Toot & Puddle is an animated children's television series based on the book series of the same name by author Holly Hobbie. Produced by Mercury Filmworks in association with National Geographic Kids, the series aired on Treehouse TV in Canada and Noggin in the United States. The last episode aired on May 15, 2011.  Reruns continue to air from September 28, 2009 until February 5, 2010. On November 5, 2008, even 11 days before the show’s official premiere on Noggin, Nickelodeon aired a sneak-peek preview as part of the “Noggin on Nick Jr.” block. 26 episodes were produced.

Plot
The series focuses on the lives of two adventurous pigs, Toot and Puddle. The two live in Woodcock Pocket with Puddle's cousin Opal and their parrot friend Tulip.
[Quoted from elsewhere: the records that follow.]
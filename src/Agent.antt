-- ===== src/Agent.antt =====
-- The agent's request handler (internal/agent/handler.go): what of the system it uses, the names of
-- its actions, the detail of a request, and which requests have to be confirmed.
pub mod Handlers
pub mod Handler
pub mod World
pub mod Safety
pub mod Tests
pub mod Progress
pub mod Refusal
use lokifix.Prelude.Int.{ℤ, pos, negsuc, ◌+ℤ◌}
use lokifix.Prelude.Int64.{wrap_int64, show_int}
use lokifix.Json.{RawMessage, ◌>>=◌}
use lokifix.Protocol.Message.{Request}
use lokifix.Protocol.Tool.{
  Tool, shell_exec, file_read, file_write, file_edit, file_list, file_delete, glob, grep, sys_info,
  processes, services, registry, net_info, env_vars, installed_software, event_log, file_upload,
  file_download, file_upload_chunk, file_download_chunk, tool_of,
}
use lokifix.Protocol.Params.{
  decode_shell_exec, decode_file_read, decode_file_write, decode_file_edit, decode_path,
  decode_glob, decode_grep, decode_registry, decode_event_log, decode_file_upload,
  decode_upload_chunk, decode_download_chunk, ShellExecParams, FileUploadChunkParams,
}
use lokifix.Audit.Danger.{is_dangerous_command, is_dangerous_file_path}
use lokifix.Prelude.{
  ℕ, zero, suc, ◌+◌, ◌-◌, ◌*◌, ◌/◌, ◌%◌, ◌^◌, ◌≤◌, ◌<◌, ◌≡◌, refl, sym, ap, ap₂, subst, ◌∙◌, ◌≢◌,
  ◌↔◌, ◌⊎◌, inl, inr, Bool, true, false, not, ◌&&◌, ◌||◌, Option, none, some, List, [], ◌∷◌, ◌++◌,
  map, append-nil, append_assoc, arith, ltb, leb, ◌==◌, if◌then◌else◌, ltb→lt, lt→ltb, leb→le,
  ==_iff, Bool-cases, Option-cases, length, get_elem?, length-append, take, drop, replicate,
  length-take, length-drop, length-replicate, take-append-drop, take-append, take_all, take_nil,
  nil_of_length, length-map, All, All-append, Bytes, codes, eq_bytes, eq_bytes_iff, eq_bytes_refl,
  eq_bytes→eq, is_empty, lower, upper, to_lower, to_upper, to_lower_idem, is_space, trim_left,
  trim_right, trim_space, split_on, split, push_left, cut_at, replace_byte, join, show_nat,
  has_prefix, contains, has_prefix_sound, has_prefix_complete, contains_sound, contains_complete,
}

-- `toolActionMap`.
unfoldable pub action_name : Tool → Bytes
action_name shell_exec = codes "SHELL_EXEC"
action_name file_read = codes "FILE_READ"
action_name file_write = codes "FILE_WRITE"
action_name file_edit = codes "FILE_EDIT"
action_name file_list = codes "FILE_LIST"
action_name file_delete = codes "FILE_DELETE"
action_name glob = codes "GLOB"
action_name grep = codes "GREP"
action_name sys_info = codes "SYSINFO"
action_name processes = codes "PROCESSES"
action_name services = codes "SERVICES"
action_name registry = codes "REGISTRY"
action_name net_info = codes "NETINFO"
action_name env_vars = codes "ENV_VARS"
action_name installed_software = codes "INSTALLED_SW"
action_name event_log = codes "EVENT_LOG"
action_name file_upload = codes "FILE_UPLOAD"
action_name file_download = codes "FILE_DOWNLOAD"
action_name file_upload_chunk = codes "FILE_UPLOAD_CHUNK"
action_name file_download_chunk = codes "FILE_DOWNLOAD_CHUNK"

unfoldable pub or_else {ℓ} : {A : Type ℓ} → A → Option A → A
or_else a none = a
or_else a (some b) = b

unfoldable pub action_of : Bytes → Bytes
unfolding action_name or_else
action_of name = or_else name (do t ← tool_of name; some (action_name t))

unfoldable pub is_some {ℓ} : {A : Type ℓ} → Option A → Bool
is_some none = false
is_some (some a) = true

-- The test of `FileUploadChunk`: only the first chunk is looked at.
unfoldable pub is_zero : ℤ → Bool
is_zero (pos n) = n == 0
is_zero (negsuc n) = false

unfoldable pub command_danger : Option ShellExecParams → Bool
unfolding is_some
command_danger none = false
command_danger (some p) = is_some (is_dangerous_command p.command)

unfoldable pub path_danger : Option Bytes → Bool
unfolding is_some
path_danger none = false
path_danger (some path) = is_some (is_dangerous_file_path path)

unfoldable pub chunk_danger : Option FileUploadChunkParams → Bool
unfolding is_some is_zero
chunk_danger none = false
chunk_danger (some p) = is_zero p.chunk_index && is_some (is_dangerous_file_path p.path)

-- The path of the parameters, read as `struct { Path string }`.
abbrev pub path_param : RawMessage → Option Bytes
path_param params = do p ← decode_path params; some p.path

unfoldable pub tool_confirmation : Tool → RawMessage → Bool
unfolding command_danger path_danger chunk_danger
tool_confirmation shell_exec params = command_danger (decode_shell_exec params)
tool_confirmation file_write params = path_danger (path_param params)
tool_confirmation file_edit params = path_danger (path_param params)
tool_confirmation file_upload params = path_danger (path_param params)
tool_confirmation file_upload_chunk params = chunk_danger (decode_upload_chunk params)
tool_confirmation file_delete params = true
tool_confirmation _ params = false

unfoldable pub needs_confirmation_of : Option Tool → RawMessage → Bool
unfolding tool_confirmation
needs_confirmation_of none params = false
needs_confirmation_of (some t) params = tool_confirmation t params

unfoldable pub needs_confirmation : Request → Bool
unfolding needs_confirmation_of
needs_confirmation req = needs_confirmation_of (tool_of req.tool) req.params

unfoldable pub path_reason : RawMessage → Option Bytes
path_reason params = do
  path ← path_param params
  some (codes "File in area protetta: " ++ or_else [] (is_dangerous_file_path path))

unfoldable pub reason_of : Option Tool → RawMessage → Option Bytes
unfolding path_reason or_else
reason_of (some shell_exec) params = do
  p ← decode_shell_exec params
  some
      (codes "Comando contiene pattern pericoloso: " ++ or_else [] (is_dangerous_command p.command))
reason_of (some file_write) params = path_reason params
reason_of (some file_edit) params = path_reason params
reason_of (some file_upload) params = path_reason params
reason_of (some file_upload_chunk) params = path_reason params
reason_of (some file_delete) params = some (codes "Eliminazione file")
reason_of _ params = none

unfoldable pub get_danger_reason : Request → Bytes
unfolding reason_of or_else
get_danger_reason req =
    or_else (codes "Operazione potenzialmente pericolosa") (reason_of (tool_of req.tool) req.params)

unfoldable pub shell_detail : ShellExecParams → Bytes
shell_detail p =
    let shell = if is_empty p.shell then codes "powershell" else p.shell in
    let detail = codes "[" ++ shell ++ codes "] " ++ p.command in
    if is_empty p.description then detail else p.description ++ codes " | " ++ detail

unfoldable pub detail_of : Option Tool → RawMessage → Option Bytes
unfolding shell_detail
detail_of (some shell_exec) params = do p ← decode_shell_exec params; some (shell_detail p)
detail_of (some file_read) params = do p ← decode_file_read params; some p.path
detail_of (some file_write) params = do p ← decode_file_write params; some p.path
detail_of (some file_edit) params = do p ← decode_file_edit params; some p.path
detail_of (some file_list) params = path_param params
detail_of (some file_delete) params = path_param params
detail_of (some glob) params = do
  p ← decode_glob params
  some (p.pattern_text ++ codes " in " ++ p.path)
detail_of (some grep) params = do
  p ← decode_grep params
  some (codes "'" ++ p.pattern_text ++ codes "' in " ++ p.path)
detail_of (some file_upload) params = do
  p ← decode_file_upload params
  some (codes "upload -> " ++ p.path)
detail_of (some file_download) params = do
  path ← path_param params
  some (codes "download <- " ++ path)
detail_of (some file_upload_chunk) params = do
  p ← decode_upload_chunk params
  some (
      codes "upload chunk "
      ++ show_int (wrap_int64 (p.chunk_index +ℤ pos 1))
      ++ codes "/"
      ++ show_int p.total_chunks
      ++ codes " -> "
      ++ p.path)
detail_of (some file_download_chunk) params = do
  p ← decode_download_chunk params
  some (codes "download chunk offset=" ++ show_int p.offset ++ codes " <- " ++ p.path)
detail_of (some registry) params = do p ← decode_registry params; some p.key
detail_of (some event_log) params = do p ← decode_event_log params; some p.log_name
detail_of _ params = none

unfoldable pub extract_detail : Request → Bytes
unfolding detail_of or_else
extract_detail req = or_else req.tool (detail_of (tool_of req.tool) req.params)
In each episode, the duo learns about a different place or culture. During the course of each episode, either Toot visits a new location and communicates to Puddle by sending a postcard, or the two travel together. A song called The Boomerang Song plays before the second episode starts.

Characters 

Toot (voiced by Joanne Vannicola) is a young pig who loves to explore. He's almost always somewhere other than his home with his digital camera to capture photographs of his adventures. He's Puddle's best friend.
Puddle (voiced by Samantha Reynolds) is a pig. He likes to explore but finds the area where he lives more interesting than places far away. He's Toot's best friend.
Opal (voiced by Taylor Barber) is a cheerful and happy-go-lucky pig and Puddle's cousin who asks many questions.
Tulip (voiced by Linda Ballantyne) is a parrot who lives with the trio in Woodcock Pocket.
Otto (voiced by John McGrath) is a tortoise who lives with the forest in a tortoise like house.
Desmond (voiced by Andrew Sabiston) is a kangaroo from Australia.
Lilly (voiced by Bryn McAuley) is a frog who lives in Pocket Pond.
Dr. Ha Song (voiced by Denis Akiyama) is a Chinese pig who lives with the clinic in the hospital.

Episodes
The series ran for one season of 26 episodes.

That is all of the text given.